October 2017 | Volume XXXV. Issue 5 »

Engagement Is the Word

September 29, 2017
David J. Seleb, Oak Park Public Library

How do we engage with our patrons and our communities? What does authentic engagement look like? How do we define and measure the success of our engagement and our impact on our communities? The Oak Park Public Library (OPPL) is just one of many libraries across the country concerned about the answers to these questions. And the answers for us in Oak Park, we have learned, lie in the discovery and the understanding of our community’s aspirations and in responding intentionally to those aspirations.

The Harwood Institute for Public Innovation (www.theharwoodinstitute.org), founded by Rich Harwood
in 1988, developed a partnership in 2013 with the American Library Association (ALA) to introduce librarians and library staff members to Harwood’s time-tested and proven methods for authentic community engagement. That partnership has since evolved into ALA’s Libraries Transforming Communities (http://www.ala.org/tools/librariestransform/libraries-transforming-communities) initiative. Harwood refers to those committed to its principles as Public Innovators. As participants in Harwood’s first Public Innovators’ Lab designed specifically for libraries in October 2013, OPPL learned how to adopt Harwood’s tools and techniques to understand and respond to our community’s aspirations.

CHANGING OUR APPROACH
These Harwood methods include, among others, Community Conversations and Innovation Spaces, tools that ask questions such as, “What kind of community do you want to live in, why is that important, and what needs to happen to achieve that vision?” They also call us to reflect on questions such as, “What are we learning as a community or an organization, how do we respond to what we are learning, and what opportunities does that learning present to us?” The heart of the Harwood philosophy is “turning outward,” or making your community rather than your conference room the center of your work,
as Rich Harwood says.
These methods, and the conversations we have had with our community in the months and years since 2013, changed in lasting ways how we think about our work and our services, how we plan, and how we act. We have taken a strategic plan full of objectives and actions that were internally driven and replaced it with one that responds directly to our community’s needs and desires.

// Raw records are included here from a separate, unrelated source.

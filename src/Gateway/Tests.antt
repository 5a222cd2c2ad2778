-- ===== src/Gateway/Tests.antt =====
-- Requests to a gateway with one route, with a key, a wrong key and a trusted header.
use distributed_rate_limiter.Policy.{has_prefix}
use distributed_rate_limiter.Prelude.{
  ◌≡◌, inl, refl, sym, ◌∙◌, true, Option, none, some, List, [], ◌∷◌, Text, bytes, text_eq,
  if◌then◌else◌,
}
use distributed_rate_limiter.Auth.{Headers, Authenticator, Libraries, tenant, api_key_from}
use distributed_rate_limiter.Config.{Route}
use distributed_rate_limiter.Config.Checks.{Url}
use distributed_rate_limiter.Config.RouteChecks.{validate_routes}
use distributed_rate_limiter.Decide.Examples.{example_parts, example_service}
use distributed_rate_limiter.Gateway.{HttpRequest, Server, resolve_tenant, resolved, write_error}
use distributed_rate_limiter.Gateway.Surface.{handle_check}
use distributed_rate_limiter.Gateway.Proxy.{match, handle_proxy, responded}
use distributed_rate_limiter.Gateway.Routes.{IsRoute, takes}
use distributed_rate_limiter.Gateway.Tenancy.{Transport, unknown_key, bad_credentials-refused}

abbrev plain : Libraries
plain = record { trim_space = λ t. t; equal_fold = text_eq; parse_jwt = λ o t. none }

abbrev one_key : Authenticator
one_key = record {
  keys = some (λ k. if text_eq k (bytes "secret") then some (bytes "acme") else none);
  jwt_secret = [];
  issuer = [];
  audience = [];
  tenant_claim = bytes "tid";
}

abbrev with_key : Text → Headers
with_key key name =
    if text_eq name (bytes "X-API-Key")
    then key
    else if text_eq name (bytes "X-Tenant-ID")
    then bytes "other"
    else []

abbrev request : Text → HttpRequest
request key = record {
  headers = with_key key;
  parameter = λ name. [];
  method = bytes "GET";
  path = bytes "/api/x";
}

abbrev server : Server
server = record { node = bytes "a"; trust_tenant_header = true; authn = some one_key }

abbrev wide : Route
wide = record {
  name = bytes "wide";
  path_prefix = bytes "/";
  upstream = bytes "http://a";
  strip_prefix = [];
}

abbrev api : Route
api = record {
  name = bytes "api";
  path_prefix = bytes "/api";
  upstream = bytes "http://a";
  strip_prefix = [];
}

abbrev routes : List Route
routes = wide ∷ api ∷ []

abbrev one_url : Text → Option Url
one_url t = some (record { scheme = bytes "http"; host = bytes "a" })

named : resolve_tenant plain server (request []) ≡ resolved (bytes "other")
unfolding resolve_tenant tenant text_eq
named = refl

-- A reverse proxy for which a `Connection` header names one header.
abbrev one_hop : Transport
one_hop = record {
  outgoing = λ h name. if text_eq (h (bytes "Connection")) name then [] else h name;
  names = text_eq;
}

guessed : api_key_from plain (with_key (bytes "guess")) ≡ bytes "guess"
unfolding api_key_from text_eq
guessed = refl

guess_unknown :
    (if text_eq (api_key_from plain (with_key (bytes "guess"))) (bytes "secret")
      then some (bytes "acme")
      else none)
    ≡ none
unfolding api_key_from text_eq
guess_unknown = refl

routed : match (bytes "/api/x") routes ≡ some api
unfolding match
routed = refl

bad_credentials-refused_example :
    (handle_check example_parts plain server (request (bytes "guess")) example_service
      ≡ (example_service, write_error 401 (bytes "bad_credentials")))
    × (handle_proxy example_parts plain server
          (some routes)
          (request (bytes "guess"))
          example_service
        ≡ (example_service, responded (write_error 401 (bytes "bad_credentials"))))
bad_credentials-refused_example =
    bad_credentials-refused example_parts plain server one_key routes api (request (bytes "guess"))
      example_service refl (unknown_key _ refl (λ e. cc (sym guessed ∙ e)) guess_unknown) routed

routes_pass : validate_routes one_url [] [] routes ≡ none
unfolding validate_routes text_eq
routes_pass = refl

listed : IsRoute wide routes
unfolding IsRoute
listed = inl refl

begins : takes (bytes "/api/x") wide ≡ true
unfolding has_prefix
begins = refl
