-- ===== src/Gateway/Waiting.antt =====
-- The whole seconds of the Retry-After and X-RateLimit-Reset headers.
use distributed_rate_limiter.Prelude.{
  ℕ, ◌+◌, ◌*◌, ◌/◌, ◌%◌, ◌<◌, ◌≤◌, ◌≡◌, refl, arith, Bool-cases, inl, inr,
}
use distributed_rate_limiter.Prelude.Int.{pos, quot64-pos, rem64-pos, add64-pos, ◌==ℤ◌, leb_ℤ}
use distributed_rate_limiter.Gateway.{seconds_ceil}

-- A wait of so many nanoseconds is rounded up to whole seconds: to wait for them is to wait long
-- enough, and one second less would be too short.
pub seconds_ceil_up :
    (n : ℕ)
    → n < 9223372036854775808
    → (s : ℕ) × (seconds_ceil (pos n) ≡ pos s)
      × ((n ≤ s * 1000000000) × (s * 1000000000 < n + 1000000000))
unfolding seconds_ceil
seconds_ceil_up n lt = elim (Bool-cases (leb_ℤ (pos n) (pos 0))) [
  | inl z ↦ let zero_ : n ≡ 0 = ground arith in (0, rw z refl, (omega arith, omega arith))
  | inr p ↦
      let r = rem64-pos n 1000000000 (omega arith) in
      let q = quot64-pos n 1000000000 lt in
      elim (Bool-cases (pos (n % 1000000000) ==ℤ pos 0)) [
        | inl e ↦
            let whole : n % 1000000000 ≡ 0 = ground arith in
            (n / 1000000000, rw (p, r, e) q, (omega arith, omega arith))
        | inr e ↦
            let part : 0 < n % 1000000000 = ground arith in
            (
              n / 1000000000 + 1,
              rw (p, r, e, q) (add64-pos (n / 1000000000) 1 (omega arith)),
              (omega arith, omega arith),
            )
      ]
]
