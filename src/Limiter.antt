-- ===== src/Limiter.antt =====
-- The rate limiter (internal/limiter): limits, the two algorithms and the in-memory store.
pub mod Limit
pub mod Request
pub mod Gcra
pub mod Window
pub mod Memory
mod Tests
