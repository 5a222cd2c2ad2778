-- ===== src/Limiter/Gcra.antt =====
-- internal/limiter/gcra.go: the token bucket, whose state is one instant, the theoretical arrival
-- time. Instants are nanoseconds from Go's zero time; `none` is a panic.
pub mod Bucket
pub mod Overflow
pub mod Rate
pub mod Admission
use distributed_rate_limiter.Prelude.{Bool, true, false, Option, none, some, if◌then◌else◌, ◌>>=◌}
use distributed_rate_limiter.Prelude.Int.{
  ℤ, pos, ltb_ℤ, ◌==ℤ◌, sub64, mul64, div64, add_time, sub_time, neg64,
}
use distributed_rate_limiter.Limiter.Limit.{Limit, emission, tolerance, capacity}
use distributed_rate_limiter.Limiter.Request.{Decision}

-- The closure `headroom`.
unfoldable pub headroom : ℤ → ℤ → ℤ → ℤ → Option ℤ
headroom emission tolerance now t =
    let free = sub64 tolerance (sub_time t now) in
    if ltb_ℤ free (pos 0) then some (pos 0) else div64 free emission

-- What a branch of `gcraCheck` returns, its `Remaining` computed.
answer : Limit → Bool → ℤ → ℤ → ℤ → ℤ → Option (ℤ × Decision)
answer l allowed tat retry reset remaining = some (
  tat,
  record {
    name = l.name;
    allowed = allowed;
    limit = capacity l;
    remaining = remaining;
    retry_after = retry;
    reset_after = reset;
  },
)

-- `gcraCheck` from the point where `tat` is not before `now`.
gcra_decide : Limit → ℤ → ℤ → ℤ → ℤ → ℤ → Option (ℤ × Decision)
unfolding answer
gcra_decide l emission tolerance tat now cost =
    let next = add_time tat (mul64 emission cost) in
    let allow_at = add_time next (neg64 tolerance) in
    let peeked = answer l true tat (pos 0) (sub_time tat now) in
    let refused = answer l false tat (sub_time allow_at now) (sub_time tat now) in
    let admitted = answer l true next (pos 0) (sub_time next now) in
    if cost ==ℤ pos 0
    then headroom emission tolerance now tat >>= peeked
    else if ltb_ℤ now allow_at
    then headroom emission tolerance now tat >>= refused
    else headroom emission tolerance now next >>= admitted

-- `gcraCheck`: the arrival time to store, and the decision.
unfoldable pub gcra_check : Limit → ℤ → ℤ → ℤ → Option (ℤ × Decision)
unfolding gcra_decide
gcra_check l tat now cost = do
  e ← emission l
  t ← tolerance l
  gcra_decide l e t (if ltb_ℤ tat now then now else tat) now cost

-- `gcraExpiry`.
abbrev pub gcra_expiry : ℤ → ℤ
gcra_expiry tat = tat
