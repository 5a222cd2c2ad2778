-- ===== src/Limiter/Limit/Sizes.antt =====
-- What a limit that `Validate` accepts looks like.
use distributed_rate_limiter.Prelude.{ℕ, ◌≤◌, ◌<◌, ◌≡◌, refl, none, arith}
use distributed_rate_limiter.Prelude.Int.{pos, pos_part}
use distributed_rate_limiter.Limiter.Limit.{
  Limit, Algorithm, token_bucket, sliding_window, other, validate, capacity, bucket_capacity,
}

abbrev pub period_ns : Limit → ℕ
period_ns l = pos_part l.period

abbrev pub count_of : Limit → ℕ
count_of l = pos_part l.count

abbrev pub capacity_of : Limit → ℕ
capacity_of l = pos_part (capacity l)

-- The bounds that an accepted limit has, each number a natural one.
pub record HasSizes (l : Limit) : Type 0 where
  pub count_pos : l.count ≡ pos (count_of l)
  pub count_lower : 0 < count_of l
  pub count_upper : count_of l ≤ 100000000
  pub period_pos : l.period ≡ pos (period_ns l)
  pub period_lower : 0 < period_ns l
  pub period_upper : period_ns l ≤ 86400000000000
  pub capacity_pos : capacity l ≡ pos (capacity_of l)
  pub capacity_lower : 0 < capacity_of l
  pub capacity_upper : capacity_of l ≤ 100000000

-- Every limit that `Validate` accepts has these bounds.
pub validate-HasSizes : (l : Limit) → validate l ≡ none → HasSizes l
unfolding validate capacity
validate-HasSizes l h = ground arith

-- A sliding window holds its count.
capacity_as : (a : Algorithm) (l : Limit) → a ≡ sliding_window → bucket_capacity a l ≡ l.count
unfolding bucket_capacity
capacity_as token_bucket l h = cc
capacity_as sliding_window l h = refl
capacity_as (other a) l h = cc

pub capacity-count : (l : Limit) → l.algorithm ≡ sliding_window → capacity l ≡ l.count
unfolding capacity
capacity-count l h = capacity_as l.algorithm l h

Harwood speaks of public knowledge, the knowledge a person or organization obtains only through ongoing dialogue with a community. The public knowledge we have gained has revealed specific aspirations shared across the community, aspirations including diversity, inclusion, participation, equity, education, literacy, health, safety, and affordability. Our determination
to respond positively to these aspirations has informed the development of our strategic plan, a plan now focused on
our three priorities of engagement, learning, and stewardship. Just last month, I was asked to share a success inspired by this new engagement, to which I replied it would be difficult to name any work we are doing that is not directly related.

PUTTING IT INTO ACTION
Among the most positive responses was our decision in 2016 to implement a social work model of engagement. If we were determined to prove our commitment to the community’s aspirations—especially those of diversity, inclusion, and equity—we knew we had to transform the ways in which we engaged with the most vulnerable, marginalized, and excluded members of our community. Who does that include? Certainly it includes those in our community who are experiencing homelessness. It also includes youth at risk and seniors who may be disconnected from family and community for varied reasons. It includes those facing the challenges of mental illness or drug addiction. It includes those marginalized or excluded from full participation in the community because of things such as race, or income, or employment status, or orientation. These individuals are among our patrons. They use our library every day and always have. What is different now is how we have chosen to engage them. Instead of focusing on troublesome or disruptive behaviors that require correction or problems that someone else should be fixing, we now see opportunities to reach out to engage and connect.

Our Manager for Community Resources, who is the library’s full-time social worker, manages five other staff members—one full-time Community Resources Specialist and four Safety and Security Monitors. All these individuals embrace our vision and mission, are trained in trauma-informed care, and in mental health first aid. All work closely with other staff members to provide a continuum of care model. All maintain strong connections to many community partners to connect patrons to needed resources, services, and support. These vital community partners include our school districts, Housing Forward, the Oak Park Coalition to End Homelessness, the Collaboration for Early Childhood, the Oak Park Police Department, and the Township of Oak Park among others.
This work is about focusing on the community, its aspirations, and its needs. It is about recognizing the opportunities for authentic community engagement and taking intentional action to effect community change. It is about shifting resources to achieve important community objectives. It is about leveraging strong and effective partnerships to obtain greater equity in service and access to resources. It is about the library working and collaborating to transform a community.